- Problem to work on: Retype the listing that follows without a single change.

- Dataset content:
⟨

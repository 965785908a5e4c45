-- ===== src/Vm/Reach.antt =====
-- All histories of calls of virtualization/vms/vm.c.
use homeserver_os.Base.{
  ℕ, ◌+◌, ◌^◌, ◌<◌, ◌≤◌, ◌≡◌, ◌⊎◌, ap, sym, ◌∙◌, List, arith, length, length-map, some, inl, inr,
  some_inj, Option-cases, Bool-cases,
}
use homeserver_os.Base.Int.{ℤ, at_least, rounds-lt}
use mathlib.Core.Path.{subst}
use native.Mathlib.Decide.{dec_lt}
use homeserver_os.Base.Table.Slots.{All, All-find, All-map}
use homeserver_os.Base.Table.Ids.{has_id}
use homeserver_os.Vm.{
  Vms, Vm, stopped, running, paused, suspended, Firmware, vm_id, get, create, add_disk, delete,
  update_stats, set_max, init, max_vms,
}
use homeserver_os.Vm.Create.{
  IsSlot, HasArrays, IsValid, get-eq-find, create-Created, create-none, create-full,
}
use homeserver_os.Vm.Control.{Command, perform, next_state, perform-Moved, perform-refused}
use homeserver_os.Vm.Delete.{delete-Deleted, delete-missing}
use homeserver_os.Vm.Stats.{add_disk-IsValid, update_stats-IsValid}

-- One call of the interface. A `vm_create` that adds a machine is made while fewer than 2^32 - 2
-- ids have been given out; one that writes past the end of `vms` is no step.
pub data Step (s : Vms) (t : Vms) : Type 0 where
  created :
      (name : List ℕ) (firmware : Firmware) (cpu_cores memory_mb id : ℕ)
      → s.next_id + 1 < 2 ^ 32
      → create name firmware cpu_cores memory_mb s ≡ some (id, t)
      → Step s t
  extended :
      (id : ℕ) (path : List ℕ) (size_gb is_boot : ℕ)
      → t ≡ (add_disk id path size_gb is_boot s).1
      → Step s t
  commanded : (c : Command) (id : ℕ) → t ≡ (perform c id s).1 → Step s t
  deleted : (id : ℕ) → t ≡ (delete id s).1 → Step s t
  sampled : (id : ℕ) → t ≡ update_stats id s → Step s t
  limited : (max : ℤ) → t ≡ set_max max s → Step s t

pub data Reach (s : Vms) : Vms → Type 0 where
  here : Reach s s
  next : {t u : Vms} → Reach s t → Step t u → Reach s u

create-IsValid :
    (name : List ℕ) (firmware : Firmware) (cpu_cores memory_mb id : ℕ) (s t : Vms)
    → IsValid s
    → s.next_id + 1 < 2 ^ 32
    → create name firmware cpu_cores memory_mb s ≡ some (id, t)
    → IsValid t
create-IsValid name firmware cpu_cores memory_mb id s t v small e =
    elim (Bool-cases (at_least s.count s.max)) [
      | inl full ↦
          let same : some (0, s) ≡ some (id, t) =
            sym (create-full name firmware cpu_cores memory_mb s full) ∙ e in
          subst IsValid (ap (λ r. r.1) (some_inj same)) v
      | inr below ↦ elim (dec_lt s.count max_vms) [
        | yes room ↦
            let (u, q, c) = create-Created name firmware cpu_cores memory_mb s v below room small in
            subst IsValid (ap (λ r. r.1) (some_inj (sym q ∙ e))) c.valid
        | no full ↦
            let fault =
              (create-none name firmware cpu_cores memory_mb s v).1
                (omega arith, omega (arith, rounds-lt s.count s.max below, v.within)) in
            absurd (cc (fault, e))
      ]
    ]

perform-IsValid : (c : Command) (id : ℕ) (s : Vms) → IsValid s → IsValid (perform c id s).1
perform-IsValid c id s v = elim (Option-cases (get id s)) [
  | inl missing ↦ rw (perform-refused c id s (inl missing)) v
  | inr (vm, found) ↦ elim (Option-cases (next_state c vm.state)) [
    | inl barred ↦ rw (perform-refused c id s (inr (vm, found, barred))) v
    | inr (q, allowed) ↦ let (t, e, m) = perform-Moved c id s v vm q found allowed in rw e m.valid
  ]
]

delete-IsValid : (id : ℕ) (s : Vms) → IsValid s → IsValid (delete id s).1
delete-IsValid id s v = elim (Option-cases (get id s)) [
  | inl missing ↦ rw (delete-missing id s v missing) v
  | inr (vm, found) ↦ let (t, e, d) = delete-Deleted id s v vm found in rw e d.valid
]

set_max-IsValid : (max : ℤ) (s : Vms) → IsValid s → IsValid (set_max max s)
unfolding set_max
set_max-IsValid max s v = v

Step-IsValid : {s t : Vms} → Step s t → IsValid s → IsValid t
Step-IsValid {s} {t} (created name firmware cpu_cores memory_mb id small e) v =
    create-IsValid name firmware cpu_cores memory_mb id s t v small e
Step-IsValid {s} (extended id path size_gb is_boot e) v =
    rw e (add_disk-IsValid path size_gb is_boot id s v)
Step-IsValid {s} (commanded c id e) v = rw e (perform-IsValid c id s v)
Step-IsValid {s} (deleted id e) v = rw e (delete-IsValid id s v)
Step-IsValid {s} (sampled id e) v = rw e (update_stats-IsValid id s v)
Step-IsValid {s} (limited max e) v = rw e (set_max-IsValid max s v)

pub Reach-IsValid : {s t : Vms} → IsValid s → Reach s t → IsValid t
Reach-IsValid v here = v
Reach-IsValid v (next r st) = Step-IsValid st (Reach-IsValid v r)

-- The array of the file as it is declared; nothing is said of the states in it.
pub record HasStorage (s : Vms) : Type 0 where
  pub storage : length s.vms ≡ max_vms
  pub buffers : All HasArrays s.vms

pub init-IsValid : (s : Vms) → HasStorage s → IsValid (init s)
unfolding init
init-IsValid s h = record {
  storage = length-map s.vms _ ∙ h.storage;
  within = omega arith;
  ids = omega arith;
  slots = All-map HasArrays IsSlot _ fresh s.vms h.buffers;
  small = omega arith;
}
  where
    fresh : (vm : Vm) → HasArrays vm → IsSlot (record vm { state = stopped; id = 0 })
    fresh vm a = record {
      arrays = record {
        name_size = a.name_size;
        disks_size = a.disks_size;
        paths = a.paths;
        disks_fit = a.disks_fit;
      };
      not_starting = λ e. cc;
      not_stopping = λ e. cc;
    }

-- A machine that can be looked up at any time.
pub record IsSettled (vm : Vm) : Type 0 where
  pub state :
      (vm.state ≡ stopped) ⊎ (vm.state ≡ running) ⊎ (vm.state ≡ paused) ⊎ (vm.state ≡ suspended)
  pub disks : vm.disk_count ≤ 8

settled : (vm : Vm) → IsSlot vm → IsSettled vm
settled vm h = record { state = grind (arith, h.not_starting, h.not_stopping); disks = h.disks_fit }

-- After `vm_init` and any calls, in any order, each machine that can be looked up is stopped,
-- running, paused or suspended, and has 8 disks at most.
pub Reach-IsSettled :
    (s t : Vms) (id : ℕ) (vm : Vm)
    → HasStorage s
    → Reach (init s) t
    → get id t ≡ some vm
    → IsSettled vm
Reach-IsSettled s t id vm h r found =
    let v = Reach-IsValid (init-IsValid s h) r in
    settled vm
      (All-find IsSlot (has_id vm_id id) t.count t.vms v.slots (sym (get-eq-find id t) ∙ found))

⟩

- Your solution:
repository 965785908a5e4c45
-- ===== src/Vm/Reach.antt =====
-- All histories of calls of virtualization/vms/vm.c.
use homeserver_os.Base.{
  ℕ, ◌+◌, ◌^◌, ◌<◌, ◌≤◌, ◌≡◌, ◌⊎◌, ap, sym, ◌∙◌, List, arith, length, length-map, some, inl, inr,
  some_inj, Option-cases, Bool-cases,
}
use homeserver_os.Base.Int.{ℤ, at_least, rounds-lt}
use mathlib.Core.Path.{subst}
use native.Mathlib.Decide.{dec_lt}
use homeserver_os.Base.Table.Slots.{All, All-find, All-map}
use homeserver_os.Base.Table.Ids.{has_id}
use homeserver_os.Vm.{
  Vms, Vm, stopped, running, paused, suspended, Firmware, vm_id, get, create, add_disk, delete,
  update_stats, set_max, init, max_vms,
}
use homeserver_os.Vm.Create.{
  IsSlot, HasArrays, IsValid, get-eq-find, create-Created, create-none, create-full,
}
use homeserver_os.Vm.Control.{Command, perform, next_state, perform-Moved, perform-refused}
use homeserver_os.Vm.Delete.{delete-Deleted, delete-missing}
use homeserver_os.Vm.Stats.{add_disk-IsValid, update_stats-IsValid}

-- One call of the interface. A `vm_create` that adds a machine is made while fewer than 2^32 - 2
-- ids have been given out; one that writes past the end of `vms` is no step.
pub data Step (s : Vms) (t : Vms) : Type 0 where
  created :
      (name : List ℕ) (firmware : Firmware) (cpu_cores memory_mb id : ℕ)
      → s.next_id + 1 < 2 ^ 32
      → create name firmware cpu_cores memory_mb s ≡ some (id, t)
      → Step s t
  extended :
      (id : ℕ) (path : List ℕ) (size_gb is_boot : ℕ)
      → t ≡ (add_disk id path size_gb is_boot s).1
      → Step s t
  commanded : (c : Command) (id : ℕ) → t ≡ (perform c id s).1 → Step s t
  deleted : (id : ℕ) → t ≡ (delete id s).1 → Step s t
  sampled : (id : ℕ) → t ≡ update_stats id s → Step s t
  limited : (max : ℤ) → t ≡ set_max max s → Step s t

pub data Reach (s : Vms) : Vms → Type 0 where
  here : Reach s s
  next : {t u : Vms} → Reach s t → Step t u → Reach s u

create-IsValid :
    (name : List ℕ) (firmware : Firmware) (cpu_cores memory_mb id : ℕ) (s t : Vms)
    → IsValid s
    → s.next_id + 1 < 2 ^ 32
    → create name firmware cpu_cores memory_mb s ≡ some (id, t)
    → IsValid t
create-IsValid name firmware cpu_cores memory_mb id s t v small e =
    elim (Bool-cases (at_least s.count s.max)) [
      | inl full ↦
          let same : some (0, s) ≡ some (id, t) =
            sym (create-full name firmware cpu_cores memory_mb s full) ∙ e in
          subst IsValid (ap (λ r. r.1) (some_inj same)) v
      | inr below ↦ elim (dec_lt s.count max_vms) [
        | yes room ↦
            let (u, q, c) = create-Created name firmware cpu_cores memory_mb s v below room small in
            subst IsValid (ap (λ r. r.1) (some_inj (sym q ∙ e))) c.valid
        | no full ↦
            let fault =
              (create-none name firmware cpu_cores memory_mb s v).1
                (omega arith, omega (arith, rounds-lt s.count s.max below, v.within)) in
            absurd (cc (fault, e))
      ]
    ]

perform-IsValid : (c : Command) (id : ℕ) (s : Vms) → IsValid s → IsValid (perform c id s).1
perform-IsValid c id s v = elim (Option-cases (get id s)) [
  | inl missing ↦ rw (perform-refused c id s (inl missing)) v
  | inr (vm, found) ↦ elim (Option-cases (next_state c vm.state)) [
    | inl barred ↦ rw (perform-refused c id s (inr (vm, found, barred))) v
    | inr (q, allowed) ↦ let (t, e, m) = perform-Moved c id s v vm q found allowed in rw e m.valid
  ]
]

delete-IsValid : (id : ℕ) (s : Vms) → IsValid s → IsValid (delete id s).1
delete-IsValid id s v = elim (Option-cases (get id s)) [
  | inl missing ↦ rw (delete-missing id s v missing) v
  | inr (vm, found) ↦ let (t, e, d) = delete-Deleted id s v vm found in rw e d.valid
]

set_max-IsValid : (max : ℤ) (s : Vms) → IsValid s → IsValid (set_max max s)
unfolding set_max
set_max-IsValid max s v = v

Step-IsValid : {s t : Vms} → Step s t → IsValid s → IsValid t
Step-IsValid {s} {t} (created name firmware cpu_cores memory_mb id small e) v =
    create-IsValid name firmware cpu_cores memory_mb id s t v small e
Step-IsValid {s} (extended id path size_gb is_boot e) v =
    rw e (add_disk-IsValid path size_gb is_boot id s v)
Step-IsValid {s} (commanded c id e) v = rw e (perform-IsValid c id s v)
Step-IsValid {s} (deleted id e) v = rw e (delete-IsValid id s v)
Step-IsValid {s} (sampled id e) v = rw e (update_stats-IsValid id s v)
Step-IsValid {s} (limited max e) v = rw e (set_max-IsValid max s v)

pub Reach-IsValid : {s t : Vms} → IsValid s → Reach s t → IsValid t
Reach-IsValid v here = v
Reach-IsValid v (next r st) = Step-IsValid st (Reach-IsValid v r)

-- The array of the file as it is declared; nothing is said of the states in it.
pub record HasStorage (s : Vms) : Type 0 where
  pub storage : length s.vms ≡ max_vms
  pub buffers : All HasArrays s.vms

pub init-IsValid : (s : Vms) → HasStorage s → IsValid (init s)
unfolding init
init-IsValid s h = record {
  storage = length-map s.vms _ ∙ h.storage;
  within = omega arith;
  ids = omega arith;
  slots = All-map HasArrays IsSlot _ fresh s.vms h.buffers;
  small = omega arith;
}
  where
    fresh : (vm : Vm) → HasArrays vm → IsSlot (record vm { state = stopped; id = 0 })
    fresh vm a = record {
      arrays = record {
        name_size = a.name_size;
        disks_size = a.disks_size;
        paths = a.paths;
        disks_fit = a.disks_fit;
      };
      not_starting = λ e. cc;
      not_stopping = λ e. cc;
    }

-- A machine that can be looked up at any time.
pub record IsSettled (vm : Vm) : Type 0 where
  pub state :
      (vm.state ≡ stopped) ⊎ (vm.state ≡ running) ⊎ (vm.state ≡ paused) ⊎ (vm.state ≡ suspended)
  pub disks : vm.disk_count ≤ 8

settled : (vm : Vm) → IsSlot vm → IsSettled vm
settled vm h = record { state = grind (arith, h.not_starting, h.not_stopping); disks = h.disks_fit }

-- After `vm_init` and any calls, in any order, each machine that can be looked up is stopped,
-- running, paused or suspended, and has 8 disks at most.
pub Reach-IsSettled :
    (s t : Vms) (id : ℕ) (vm : Vm)
    → HasStorage s
    → Reach (init s) t
    → get id t ≡ some vm
    → IsSettled vm
Reach-IsSettled s t id vm h r found =
    let v = Reach-IsValid (init-IsValid s h) r in
    settled vm
      (All-find IsSlot (has_id vm_id id) t.count t.vms v.slots (sym (get-eq-find id t) ∙ found))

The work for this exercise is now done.